This project is an opportunity to practice both the hard technical skills around R and SQL as well as the soft skills of distance collaboration with classmates. The primary question of this project is: Which are the most valued data science skills? Groups are to seek an answer to this question while also completing each of the following:
Documentation for this project was developed and maintained in a sepereate file. This was done both to allow parallel development but also to minimize the length each document. The documentaion can be found at:
#load the necessary supporting packages
library(stringr)
library(dplyr)
library(tidyr)
library(Hmisc)
library(ggplot2)
file_location_1 <- 'https://raw.githubusercontent.com/ZacharyHerold/CUNY-DATA607/master/SCData.csv'
ds_user_profiles_skills <- read.table(file_location_1, sep = ",", header = TRUE, stringsAsFactors = FALSE)

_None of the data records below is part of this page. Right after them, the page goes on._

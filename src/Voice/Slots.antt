-- ===== src/Voice/Slots.antt =====
-- The slots of transcribePerTurn of apps/gateway/src/lib/voice/diarize.ts: those that are waited for, and
-- the list of results.
use modelforge_ai.Base.{
  ℕ, zero, suc, ◌≤◌, ◌<◌, ◌≡◌, ◌≢◌, refl, true, false, Option, none, some, List, [], ◌∷◌, map,
  arith, length, get_elem?, replicate, length-set, get_elem?-set_self, get_elem?-set_ne,
}
use modelforge_ai.Base.Text.{nat_eq, eq_of_beq}
use modelforge_ai.Voice.Segments.{TranscriptSegment}
use modelforge_ai.Voice.Workers.{is_busy, idle, put}

pub idle_removes :
    (i slot : ℕ) (busy : List ℕ)
    → is_busy i busy ≡ true
    → is_busy i (idle slot busy) ≡ false
    → i ≡ slot
idle_removes i slot [] h k = cc
idle_removes i slot (b ∷ bs) h k =
    ground (arith, idle_removes i slot bs, eq_of_beq b i, eq_of_beq b slot)

pub idle_keeps :
    (i slot : ℕ) (busy : List ℕ) → is_busy i (idle slot busy) ≡ true → is_busy i busy ≡ true
idle_keeps i slot [] h = h
idle_keeps i slot (b ∷ bs) h = ground (arith, idle_keeps i slot bs)

pub idle_self : (slot : ℕ) (busy : List ℕ) → is_busy slot (idle slot busy) ≡ false
idle_self slot [] = refl
idle_self slot (b ∷ bs) = ground (arith, idle_self slot bs)

pub length-idle : (slot : ℕ) (busy : List ℕ) → length (idle slot busy) ≤ length busy
length-idle slot [] = omega arith
length-idle slot (b ∷ bs) = ground (arith, length-idle slot bs)

pub length-idle_less :
    (slot : ℕ) (busy : List ℕ) → is_busy slot busy ≡ true → length (idle slot busy) < length busy
length-idle_less slot [] h = cc
length-idle_less slot (b ∷ bs) h = ground (arith, length-idle slot bs, length-idle_less slot bs)

pub length-put :
    (slot : ℕ) (o : Option TranscriptSegment) (rs : List (Option TranscriptSegment))
    → length (put slot o rs) ≡ length rs
length-put slot none rs = refl
length-put slot (some s) rs = length-set rs slot (some s)

pub get_elem?-put_ne :
    (slot i : ℕ) (o : Option TranscriptSegment) (rs : List (Option TranscriptSegment))
    → slot ≢ i
    → get_elem? (put slot o rs) i ≡ get_elem? rs i
get_elem?-put_ne slot i none rs h = refl
get_elem?-put_ne slot i (some s) rs h = get_elem?-set_ne rs (some s) h

pub get_elem?-put_self :
    (slot : ℕ) (o : Option TranscriptSegment) (rs : List (Option TranscriptSegment))
    → slot < length rs
    → get_elem? rs slot ≡ some none
    → get_elem? (put slot o rs) slot ≡ some o
get_elem?-put_self slot none rs h e = e
get_elem?-put_self slot (some s) rs h e = get_elem?-set_self rs slot (some s) h

pub get_elem?-map :
    {A B : Type 0} (f : A → B) (xs : List A) (i : ℕ) (a : A)
    → get_elem? xs i ≡ some a
    → get_elem? (map f xs) i ≡ some (f a)
get_elem?-map f [] i a h = cc
get_elem?-map f (x ∷ xs) zero a h = ground arith
get_elem?-map f (x ∷ xs) (suc i) a h = get_elem?-map f xs i a h

pub get_elem?-replicate :
    {A : Type 0} (n i : ℕ) (a : A) → i < n → get_elem? (replicate n a) i ≡ some a
get_elem?-replicate zero i a h = absurd (omega arith)
get_elem?-replicate (suc n) zero a h = refl
get_elem?-replicate (suc n) (suc i) a h = get_elem?-replicate n i a (omega arith)

pub get_elem?_inside :
    {A : Type 0} (xs : List A) (i : ℕ) → i < length xs → (a : A) × (get_elem? xs i ≡ some a)
get_elem?_inside [] i h = absurd (omega arith)
get_elem?_inside (x ∷ xs) zero h = (x, refl)
get_elem?_inside (x ∷ xs) (suc i) h = get_elem?_inside xs i (omega arith)

pub lists_equal :
    {A : Type 0} (xs ys : List A)
    → length xs ≡ length ys
    → ((i : ℕ) → i < length xs → get_elem? xs i ≡ get_elem? ys i)
    → xs ≡ ys
lists_equal [] [] h k = refl
lists_equal [] (y ∷ ys) h k = absurd (omega arith)
lists_equal (x ∷ xs) [] h k = absurd (omega arith)
lists_equal (x ∷ xs) (y ∷ ys) h k =
    let first : some x ≡ some y = k 0 (omega arith) in
    let rest = lists_equal xs ys (omega arith) (λ i l. k (suc i) (omega arith)) in cc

file_location_2 <- 'https://raw.githubusercontent.com/ZacharyHerold/CUNY-DATA607/master/ds_general_skills_revised.csv'
ds_job_postings_skills <- read.table(file_location_2, sep = ",", header = TRUE, stringsAsFactors = FALSE)
file_location_3 <- 'https://raw.githubusercontent.com/ZacharyHerold/CUNY-DATA607/master/ds_job_listing_software.csv'
ds_job_postings_software <- read.table(file_location_3, sep = ",", header = TRUE, fill = TRUE, stringsAsFactors = FALSE, strip.white = TRUE, comment.char = "")
Tidy and transform the user profile datadata
#ds_user_profiles_skills:
ds_user_profiles <- ds_user_profiles_skills %>%
mutate(Skill = tolower(Skill)) %>%
mutate(Skill = capitalize(Skill)) %>%
mutate(Skill_Type = ifelse(Skill %in% c("R"
,"Python"
,"Sql"
,"Matlab"
,"Java"
,"C++"
,"Sas"
,"Hadoop")
,"Software/Language Skill"
,"General Skill")) %>%
select("Skill_Type", "Skill", "Percentage")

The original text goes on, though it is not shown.